New council locale doesn’t change discussion topics
There was a new "venue" for Monday night's Baldwin City Council meeting, but the topics remained the same for the most part.
After meeting at the Baldwin City Public Library for years, the council set up shop at the American Legion Hall. It was the result of an agreement between the city and the Legion last month, outlining additional usage by the city, which owns the building.
The council wanted to make the move to do away with the disruptions of people coming in and out of the library during meetings. After an adjustment to the heating system to get rid of that noise so everyone could hear, the new council site worked fine, including a place to go for executive session instead of emptying the room.
But, the new site still had old topics. The council again discussed the purchase of a new vehicle and council member Ted Brecheisen Jr. again expressed his objections. The stops signs installed this year at Eighth and Dearborn again brought a round of talks. And, the cereal malt beverage licenses for three local businesses that ran afoul with delays at the last meeting were approved.
"Three businesses applied, all three passed, licenses were issued and they were able to have them this weekend," said City Administrator Jeff Dingman.
Those were Santa Fe Market, Kwik Shop and the Salt Mine.
A motion was approved 4-1 to purchase a Ford Ranger pickup for the utility department for $13,334.50. Brecheisen voted against the measure.
"I just can't see us having a fleet of new vehicles," said Brecheisen. "I don't see why we can't save money. This is five new vehicles we've bought in the past month. We've spent $75,000 for vehicles the past month and I think that's too many for a city our size."
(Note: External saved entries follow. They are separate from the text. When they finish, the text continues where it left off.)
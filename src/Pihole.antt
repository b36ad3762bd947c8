-- ===== src/Pihole.antt =====
-- docker/netbox/dns-sync/netbox_pihole_sync.py: NetBox's DNS records copied to the Pi-holes.
pub mod Plan
pub mod Scan
pub mod Loop
pub mod Clean
pub mod Converge
pub mod Cnames
pub mod Settles
pub mod Keep
pub mod Resolves
pub mod Wanted
pub mod Server
pub mod Round
pub mod Memory
pub mod Tests
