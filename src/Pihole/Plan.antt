-- ===== src/Pihole/Plan.antt =====
-- The plan of netbox_pihole_sync.py: what one Pi-hole lacks and what it has too many of.
use k8s_homelab.Prelude.{
  String, ◌++◌, List, [], ◌∷◌, map, Bool, not, ◌&&◌, ◌||◌, Option, none, some, if◌then◌else◌, ◌>>=◌,
  filter, any, add, minus, union, ◌==◌, contains, nat_eq,
}
use k8s_homelab.Prelude.{list_eq, pair_eq, string_eq}
use k8s_homelab.Prelude.Text.{Text, lower, ends_with, rstrip, strip, words, split_on}
use k8s_homelab.Prelude.Sort.{sorted}

-- A wanted record: its name, its type and its value.
abbrev pub Entry : Type 0
Entry = Text × (String × Text)

unfoldable pub in_zone : Text → List Text → Bool
in_zone name zones = any (λ z. name == z || ends_with name (b'.' ∷ z)) zones

unfoldable pub kind_of : Text → String
kind_of ip = if contains ip b':' then "AAAA" else "A"

abbrev pub is_address : Entry → Bool
is_address w = w.1.0 == "A" || w.1.0 == "AAAA"

abbrev pub is_cname : Entry → Bool
is_cname w = w.1.0 == "CNAME"

abbrev pub host_text : Entry → Text
host_text w = w.1.1 ++ 32 ∷ w.0

abbrev pub cname_text : Entry → Text
cname_text w = w.0 ++ b',' ∷ w.1.1

-- The sets and lists that the loop over the host lines fills.
pub record HostScan : Type 0 where
  pub have : List Entry
  pub readd : List Entry
  pub remove_hosts : List Text
  pub left : List Text

pub record CnameScan : Type 0 where
  pub have : List Entry
  pub remove_cnames : List Text
  pub left : List Text

pub record Plan : Type 0 where
  pub remove_hosts : List Text
  pub add_hosts : List Text
  pub remove_cnames : List Text
  pub add_cnames : List Text
  pub left : List Text

abbrev first_or_empty : List Text → Text
first_or_empty [] = []
first_or_empty (t ∷ ts) = t

unfoldable pub cname_target : Text → Text
cname_target t = lower (rstrip b'.' (strip t))

-- A CNAME line's name and target.
unfoldable pub cname_pair : Text → Text × Text
unfolding cname_target
cname_pair line =
    let (name, rest) = split_on b',' line in
    (lower (strip name), cname_target (first_or_empty rest))

module _ (zones : List Text) (wanted : List Entry) (delete : Bool) where
  unfoldable pub want_a : List Entry
  want_a = filter is_address wanted

  -- A line with one name.
  unfoldable pub host_single : Text → Text → Text → HostScan → HostScan
  host_single line ip n s =
      let pair : Entry = (lower n, (kind_of ip, ip)) in
      if contains want_a pair
      then record s { have = add pair s.have }
      else if delete
      then record s { remove_hosts = s.remove_hosts ++ line ∷ [] }
      else record s { left = s.left ++ line ∷ [] }

  unfoldable pub split_pair : Text → Text → Entry
  split_pair ip n =
      if in_zone (lower n) zones then (lower n, (kind_of ip, ip)) else (n, (kind_of ip, ip))

  -- One name of a line with several.
  unfoldable pub host_split : Text → Text → HostScan → HostScan
  host_split ip n s =
      let pair = split_pair ip n in
      if in_zone pair.0 zones && not (contains want_a pair)
      then if delete
        then s
        else record s { left = s.left ++ host_text pair ∷ []; readd = add pair s.readd }
      else record s { readd = add pair s.readd }

  unfoldable pub host_splits : Text → List Text → HostScan → HostScan
  host_splits ip [] s = s
  host_splits ip (n ∷ names) s = host_splits ip names (host_split ip n s)

  unfoldable pub host_names : Text → Text → List Text → HostScan → HostScan
  host_names line ip (n ∷ []) s = host_single line ip n s
  host_names line ip names s =
      host_splits ip names (record s { remove_hosts = s.remove_hosts ++ line ∷ [] })

  -- `none` is the `ValueError` of unpacking a blank line.
  unfoldable pub host_words : Text → List Text → HostScan → Option HostScan
  host_words line [] s = none
  host_words line (ip ∷ names) s =
      some (if any (λ n. in_zone (lower n) zones) names then host_names line ip names s else s)

  unfoldable pub scan_hosts : List Text → HostScan → Option HostScan
  scan_hosts [] s = some s
  scan_hosts (line ∷ lines) s = do s' ← host_words line (words line) s; scan_hosts lines s'

  unfoldable pub cname_line : Text → CnameScan → CnameScan
  cname_line line s =
      let (name, target) = cname_pair line in
      let pair : Entry = (name, ("CNAME", target)) in
      if not (in_zone name zones)
      then s
      else if contains wanted pair
      then record s { have = add pair s.have }
      else if delete
      then record s { remove_cnames = s.remove_cnames ++ line ∷ [] }
      else record s { left = s.left ++ line ∷ [] }

  unfoldable pub scan_cnames : List Text → CnameScan → CnameScan
  scan_cnames [] s = s
  scan_cnames (line ∷ lines) s = scan_cnames lines (cname_line line s)

  unfoldable pub no_hosts : HostScan
  no_hosts = record { have = []; readd = []; remove_hosts = []; left = [] }

  unfoldable pub plan_from : HostScan → CnameScan → Plan
  plan_from h c = record {
    remove_hosts = h.remove_hosts;
    add_hosts = sorted (map host_text (union (minus want_a h.have) (minus h.readd h.have)));
    remove_cnames = c.remove_cnames;
    add_cnames = sorted (map cname_text (minus (filter is_cname wanted) c.have));
    left = sorted c.left;
  }

  unfoldable pub plan : List Text → List Text → Option Plan
  unfolding plan_from no_hosts
  plan hosts cnames = do
    h ← scan_hosts hosts no_hosts
    let c = scan_cnames cnames (record { have = []; remove_cnames = []; left = h.left })
    some (plan_from h c)
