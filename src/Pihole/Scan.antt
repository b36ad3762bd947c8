-- ===== src/Pihole/Scan.antt =====
-- What the loops of `plan` collect, as tests on single lines.
use k8s_homelab.Prelude.{
  ◌≡◌, refl, ◌∙◌, ◌++◌, List, [], ◌∷◌, Bool, true, false, not, ◌&&◌, ◌||◌, some, arith, any, ◌==◌,
  contains, nat_eq, list_eq, pair_eq, string_eq, contains-append,
}
use k8s_homelab.Prelude.{contains-add}
use k8s_homelab.Prelude.Text.{Text, lower}
use k8s_homelab.Pihole.Plan.{
  Entry, in_zone, kind_of, HostScan, want_a, host_single, host_split, host_splits, host_names,
  host_words,
}

abbrev pub is_nil : List Text → Bool
is_nil [] = true
is_nil (w ∷ ws) = false

module _ (zones : List Text) (wanted : List Entry) (delete : Bool) where
  abbrev pub zoned : Text → Bool
  zoned n = in_zone (lower n) zones

  -- The words of a line that the plan removes.
  abbrev pub removed_words : List Text → Bool
  removed_words [] = false
  removed_words (ip ∷ []) = false
  removed_words (ip ∷ n ∷ []) =
      zoned n && (delete && not (contains (want_a zones wanted delete) (lower n, (kind_of ip, ip))))
  removed_words (ip ∷ n ∷ m ∷ names) = any zoned (n ∷ m ∷ names)

  -- The words of a line that shows the wanted record `p`.
  abbrev pub held_words : Entry → List Text → Bool
  held_words p (ip ∷ n ∷ []) =
      zoned n && (contains (want_a zones wanted delete) p && p == (lower n, (kind_of ip, ip)))
  held_words p _ = false

  -- The words of a line that is split.
  abbrev pub split_words : List Text → Bool
  split_words (ip ∷ n ∷ m ∷ names) = any zoned (n ∷ m ∷ names)
  split_words _ = false

  remove_hosts-host_splits :
      (ip : Text) (names : List Text) (s : HostScan)
      → (host_splits zones wanted delete ip names s).remove_hosts ≡ s.remove_hosts
  unfolding host_splits host_split
  remove_hosts-host_splits ip [] s = refl
  remove_hosts-host_splits ip (n ∷ names) s =
      remove_hosts-host_splits ip names (host_split zones wanted delete ip n s) ∙ ground arith

  have-host_splits :
      (ip : Text) (names : List Text) (s : HostScan)
      → (host_splits zones wanted delete ip names s).have ≡ s.have
  unfolding host_splits host_split
  have-host_splits ip [] s = refl
  have-host_splits ip (n ∷ names) s =
      have-host_splits ip names (host_split zones wanted delete ip n s) ∙ ground arith

  pub remove_hosts-host_words :
      (line l : Text) (ws : List Text) (s t : HostScan)
      → host_words zones wanted delete line ws s ≡ some t
      → contains t.remove_hosts l ≡ (contains s.remove_hosts l || (l == line && removed_words ws))
  unfolding host_words host_names host_single
  remove_hosts-host_words line l [] s t h = cc
  remove_hosts-host_words line l (ip ∷ []) s t h = ground arith
  remove_hosts-host_words line l (ip ∷ n ∷ []) s t h =
      ground (arith, contains-append s.remove_hosts (line ∷ []) l)
  remove_hosts-host_words line l (ip ∷ n ∷ m ∷ names) s t h = ground (
    arith,
    contains-append s.remove_hosts (line ∷ []) l,
    remove_hosts-host_splits ip (n ∷ m ∷ names)
        (record s { remove_hosts = s.remove_hosts ++ line ∷ [] }),
  )

  pub have-host_words :
      (line : Text) (p : Entry) (ws : List Text) (s t : HostScan)
      → host_words zones wanted delete line ws s ≡ some t
      → contains t.have p ≡ (contains s.have p || held_words p ws)
  unfolding host_words host_names host_single
  have-host_words line p [] s t h = cc
  have-host_words line p (ip ∷ []) s t h = ground arith
  have-host_words line p (ip ∷ n ∷ []) s t h =
      ground (arith, contains-add {A = Entry} (lower n, (kind_of ip, ip)) s.have p)
  have-host_words line p (ip ∷ n ∷ m ∷ names) s t h = ground (
    arith,
    have-host_splits ip (n ∷ m ∷ names) (record s { remove_hosts = s.remove_hosts ++ line ∷ [] }),
  )

  pub readd-host_words :
      (line : Text) (ws : List Text) (s t : HostScan)
      → host_words zones wanted delete line ws s ≡ some t
      → split_words ws ≡ false
      → t.readd ≡ s.readd
  unfolding host_words host_names host_single
  readd-host_words line [] s t h e = cc
  readd-host_words line (ip ∷ []) s t h e = ground arith
  readd-host_words line (ip ∷ n ∷ []) s t h e = ground arith
  readd-host_words line (ip ∷ n ∷ m ∷ names) s t h e = ground arith

  pub host_words-total :
      (line : Text) (ws : List Text) (s : HostScan)
      → is_nil ws ≡ false
      → (t : HostScan) × (host_words zones wanted delete line ws s ≡ some t)
  unfolding host_words
  host_words-total line [] s e = absurd (cc)
  host_words-total line (ip ∷ names) s e = (_, refl)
As in the past meetings were vehicle replacement was discussed, it came down to budgeted items and getting on a schedule so that old vehicles with hundreds of thousands of miles on them are what's left and have no trade-in value when they are finally replaced.
"We've had several discussions about getting on a rotation so we aren't having to work on vehicles all the time," said council member Amy Cleavinger. "That is not a good use of our money. I think we have a responsibility to provide reliable vehicles."
Council member Ken Wagner also pointed to the fact, again, that the purchases were budgeted.
"I have a hard time voting against something like this when it comes to this point," said Wagner. "If it's in the budget, we should do it."
What Brecheisen wants is a reduction in utility rates instead of purchasing vehicles.
"We need to look at a half-cent reduction in our utility rates," he said.
Mayor Ken Hayes said that Brecheisen and Wagner, both members of the utility committee, can look into that idea.
"Why don't you look at the whole rate structure and see what you can come up with," Hayes said. "I think this group would look at anything."
"We'll pile over pounds of paper on it," said Wagner.
As for the stop signs, council member Nancy Brown, a member of the safety committee, reminded the council that they will be discussed by the committee at 4 p.m. Monday at the public works office. The public is invited to attend and provide opinions.
"The reason we're revisiting the stop sign issue at this time is to try and find a compromise with the need for pedestrian safety with convenience for motorists," Brown told the Signal Monday.
Some have suggested that at least the stop signs on Eighth Street be changed to yield signs. Brown wouldn't endorse that.
"I'm not willing to comment on it," she said. "We've got city staff looking at things. Until we have all the options on the table, I don't think it would be right to say anything. As far as I'm concerned, all options are open."
At Monday's meeting Cleavinger brought up her concerns about protecting younger children having to cross the highway and County Road 1055.
"Is there any reason we can't start digging on this," she said. "We talk about it and talk about it, but why don't we do something about it?"